Uses an evolution of the continuous replication technology that is available in Exchange 2007.
A DAG can be created after you install the Mailbox server. If a Mailbox server is hosting active mailbox databases, it can be added to a DAG later, it if meets the requirements.
Allows
you to move a single database between servers in the DAG without
affecting other databases. Failover occurs per mailbox database, not
for an entire server.
Allows up to 16 copies of a single database on separate servers. A server can only host one copy of each database.
Requires
the database and transaction log copies for each database to be stored
in the same path on all servers. For example, if you store Mailbox
Database 1 in D:\DB\Mailbox Database 1\ on Dallas-MB01A, you must also store it in D:\DB\Mailbox Database 1\ on all other servers that host copies of Mailbox Database 1.
Defines
the boundary for replication, failovers, and switchovers—only servers
in the DAG can host database copies. You cannot replicate database
copies to Mailbox servers that are not in the same DAG.
Does
not require that all databases have the same number of copies. In a
16-node DAG, one database can have 16 copies, whereas other databases
are neither redundant nor have varying number of copies.
In Exchange 2010 transaction log shipping
occurs over TCP sockets as opposed to the file share (Server Message
Block) used in Exchange 2007. You can view the current TCP port used
for replication by running Get-DatabaseAvailabilityGroup -Status | Format-List.

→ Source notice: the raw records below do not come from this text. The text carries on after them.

-- ===== src/Gitignore.antt =====
-- ddb/feature/gitignore/actions.py, class `UpdateGitignoreAction`: the block of generated files in a
-- `.gitignore`. A file is held by its lines, `read().split('\n')`.
pub mod Split
pub mod Restore
mod Samples
use Prim.Native.String.{◌++◌ as append}
use docker_devbox_ddb.Prelude.{
  String, Bool, true, false, not, ◌&&◌, ◌||◌, Option, none, some, List, [], ◌∷◌, ◌++◌, ◌==◌,
  if◌then◌else◌, contains, remove?, last?, drop_last, is_empty, eq_string,
}

-- `gitignore.markers`: the first one is written, and each one is read.
pub record Markers : Type 0 where
  pub first : String
  pub others : List String

unfoldable pub start_limit : String → String
start_limit marker = append "###> " (append marker " ###")

unfoldable pub end_limit : String → String
end_limit marker = append "###< " (append marker " ###")

-- `_get_block_limit`
unfoldable pub get_block_limit : Markers → Bool → String
unfolding start_limit end_limit
get_block_limit markers start = if start then start_limit markers.first else end_limit markers.first

unfoldable pub any_limit : (String → String) → List String → String → Bool
any_limit limit [] line = false
any_limit limit (marker ∷ markers) line = limit marker == line || any_limit limit markers line

-- `_is_block_limit(line, start)`, for the two values of `start` that the class uses
unfoldable pub is_block_limit : Markers → String → Bool → Bool
unfolding any_limit start_limit end_limit
is_block_limit markers line start =
    any_limit (if start then start_limit else end_limit) (markers.first ∷ markers.others) line

pub record Blocks : Type 0 where
  pub content : List String
  pub before : List String
  pub after : List String

-- The loop of `_split_block_lines`, with the values of `started` and `ended` at its head
unfoldable pub split_from : Markers → Bool → Bool → List String → Blocks
split_from markers started ended [] = record { content = []; before = []; after = [] }
split_from markers started ended (line ∷ lines) =
    let ended' = ended || is_block_limit markers line false in
    let rest = split_from markers (started || is_block_limit markers line true) ended' lines in
    if started
    then (if ended'
        then record rest { after = line ∷ rest.after }
        else record rest { content = line ∷ rest.content })
    else (if ended' then rest else record rest { before = line ∷ rest.before })

-- `_split_block_lines`
unfoldable pub split_block_lines : Markers → List String → Blocks
split_block_lines markers lines = split_from markers false false lines

-- `lines and self._is_block_limit(lines[-1], start=True)`
unfoldable pub ends_by_start : Markers → List String → Bool
ends_by_start markers [] = false
ends_by_start markers (line ∷ []) = is_block_limit markers line true
ends_by_start markers (line ∷ next ∷ lines) = ends_by_start markers (next ∷ lines)

-- `lines and self._is_block_limit(lines[0], start=False)`
abbrev pub begins_by_end : Markers → List String → Bool
begins_by_end markers [] = false
begins_by_end markers (line ∷ lines) = is_block_limit markers line false

abbrev pub has_text : List String → Bool
has_text [] = false
has_text (line ∷ lines) = not (line == "") || has_text lines

abbrev pub without_first : List String → List String
without_first [] = []
without_first (line ∷ lines) = lines

-- `_sanitize_block`. Its sorted and filtered `block_lines` is a new list, bound to a local name: the
-- caller's list stays as it is, and only the limits around it change.
unfoldable pub sanitize_block : Markers → Blocks → Blocks
sanitize_block markers b =
    if has_text b.content
    then record b {
      before =
          if ends_by_start markers b.before
          then b.before
          else (b.before ++ get_block_limit markers true ∷ []);
      after =
          if begins_by_end markers b.after
          then b.after
          else (get_block_limit markers false ∷ b.after);
    }
    else record b {
      before = if ends_by_start markers b.before then drop_last b.before else b.before;
      after = if begins_by_end markers b.after then without_first b.after else b.after;
    }

abbrev pub joined : Blocks → List String
joined b = b.before ++ (b.content ++ b.after)

-- `_write_gitignore_content`: `none` where the file is removed
unfoldable pub write_gitignore_content : List String → Option (List String)
write_gitignore_content lines = if has_text lines then some lines else none

-- `_read_and_split_gitignore_file`
unfoldable pub read_and_split : Markers → Option (List String) → Blocks
unfolding split_block_lines
read_and_split markers none = record { content = []; before = []; after = [] }
read_and_split markers (some lines) = split_block_lines markers lines

-- The end of `execute`, for a file that is not ignored yet: what the `.gitignore` is then
unfoldable pub add_target : Markers → String → Option (List String) → Option (List String)
add_target markers target file =
    let b = read_and_split markers file in
    if contains b.content target
    then file
    else write_gitignore_content
        (joined (sanitize_block markers (record b { content = b.content ++ target ∷ [] })))

-- `block_lines.remove(target_file)`, if it is there, and the rest of `remove`
abbrev pub keep_left :
    Markers → Option (List String) → Blocks → Option (List String) → Option (List String)
keep_left markers file b none = file
keep_left markers file b (some left) =
    write_gitignore_content (joined (sanitize_block markers (record b { content = left })))

-- The end of `remove`, for a file that the `.gitignore` ignores
unfoldable pub remove_target : Markers → String → Option (List String) → Option (List String)
remove_target markers target file =
    let b = read_and_split markers file in keep_left markers file b (remove? target b.content)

The default TCP port used for replication is 64327. This can be set using the Set-DatabaseAvailabilityGroup -ReplicationPort cmdlet. For this change to take effect, you need to create the Windows Firewall exceptions for the new TCP port and then restart the Microsoft Exchange
Replication service on each node in the DAG. In the initial release of
Exchange 2010, when you created a DAG using the EMC, the DAG was
automatically configured to obtain an IP address from DHCP. To complete
the configuration and assign a static IP address, you had to use the
EMS. In SP1, the DAG can be configured with an IP address from within
the EMC.
The target member notifies
the member running the active copy of which transaction logs it expects
to receive. The source member then responds by sending the required
transaction log files. After the transaction logs are received from the
source server, the files are placed in the target server's Inspector
directory for processing. The logs are then inspected and verified for
integrity and the header is inspected. After passing inspection, a
transaction log is placed in the log directory on the target Mailbox
server. If the transaction log does not pass inspection the target
server will request it from the source up to three times before setting
the mailbox database copy to Failed. When a database copy status is
Failed, it will periodically attempt to copy the missing log files in
order to return the database to a state of Healthy. The target Exchange
server then plays the logs against the local copy of the database.
Before this transaction log shipping process can start, the database copy must first be seeded. Seeding
is the process of creating a consistent database copy on a DAG member
to act as a baseline that will be updated through continuous replication of the transaction log files. This can be accomplished using the following methods:
Automatic seeding Automatic seeding occurs during the creation of a new database.
Manually copying the offline database
This method involves dismounting the database and copying the database
file to the target server. If you do this, service will be interrupted
while the database is dismounted.
Using the Update-MailboxDatabaseCopy cmdlet You can use the Update-MailboxDatabaseCopy cmdlet in the EMS to seed a database copy.
Using the Update Database Copy Wizard You can use the Update Database Copy Wizard within the EMC to seed a database copy.
Database failover occurs
when the active database fails, and another copy of the database is
activated on another server in the DAG. This can occur because of a
number of failure types including: network, storage, and server
hardware. If a entire DAG member fails, each of the active highly
available databases will attempt to fail over to another configured DAG
member. A switchover occurs when an administrator initiates moving an
active database from one server to another.
Colin Lee
Technology Specialist, Unified Communications, Microsoft Corporation, Australia
In my opinion, Exchange 2007
is an evolutionary step in providing a complete high-availability
solution with continuous replication. This provides capability for high
availability, with CCR, and disaster recovery (DR), with SCR. Many
customers I have worked with implemented this solution for high
availability and DR with great success and were able to improve their
SLA, or internal operational level agreement. As with all new
technology there are areas for improvement and Microsoft continues to
evolve continuous replication with Database Availability Group (DAG) in
Exchange 2010. The introduction of DAGs in Exchange 2010 adds
improvements that my customers requested as they were looking to
improve SLAs even further. These requests are often around the
active-passive nature of CCR and the ability to seamlessly failover if
the disk (or raid group) the database resides on fails.
Note:
In a CCR
implementation with multiple storage groups an outage of a disk did not
trigger a failover between the nodes and required some manual
intervention to initiate a recovery, whether that be a restore from
back for a DB or triggering a node failover.
Exchange 2010 solves this
issue with the capability that makes the database the unit of failover.
It also helps address the perception that a passive node was sitting
around idle. This is because up to 16 members can be put in a DAG, and
all members can host active mailboxes. This is a powerful perception
where upper management have a tendency to view "idle" servers as
inefficiencies a company can do without. The following comments are
from a customer that has migrated from Exchange 2007 with a CCR and SCR
implementation to Exchange 2010 with a DAG that spans multiple
datacenters.
"Moving to Exchange 2010 has
allowed us to provide a more highly available solution to our hotels
department whilst at the same time giving us (IT) increased simplicity
in managing the infrastructure. We have extremely high confidence in
our DAG with its ability for single database failovers as opposed to
our old CCR and SCR setup. Implementing our DAG together with
Datacentre Activation Coordination mode has also given us the
confidence to increase our Disaster Recovery scope from a single
storage group of critical mailboxes to the entire group, yet at the
same time maintaining an uncomplicated recovery process."
|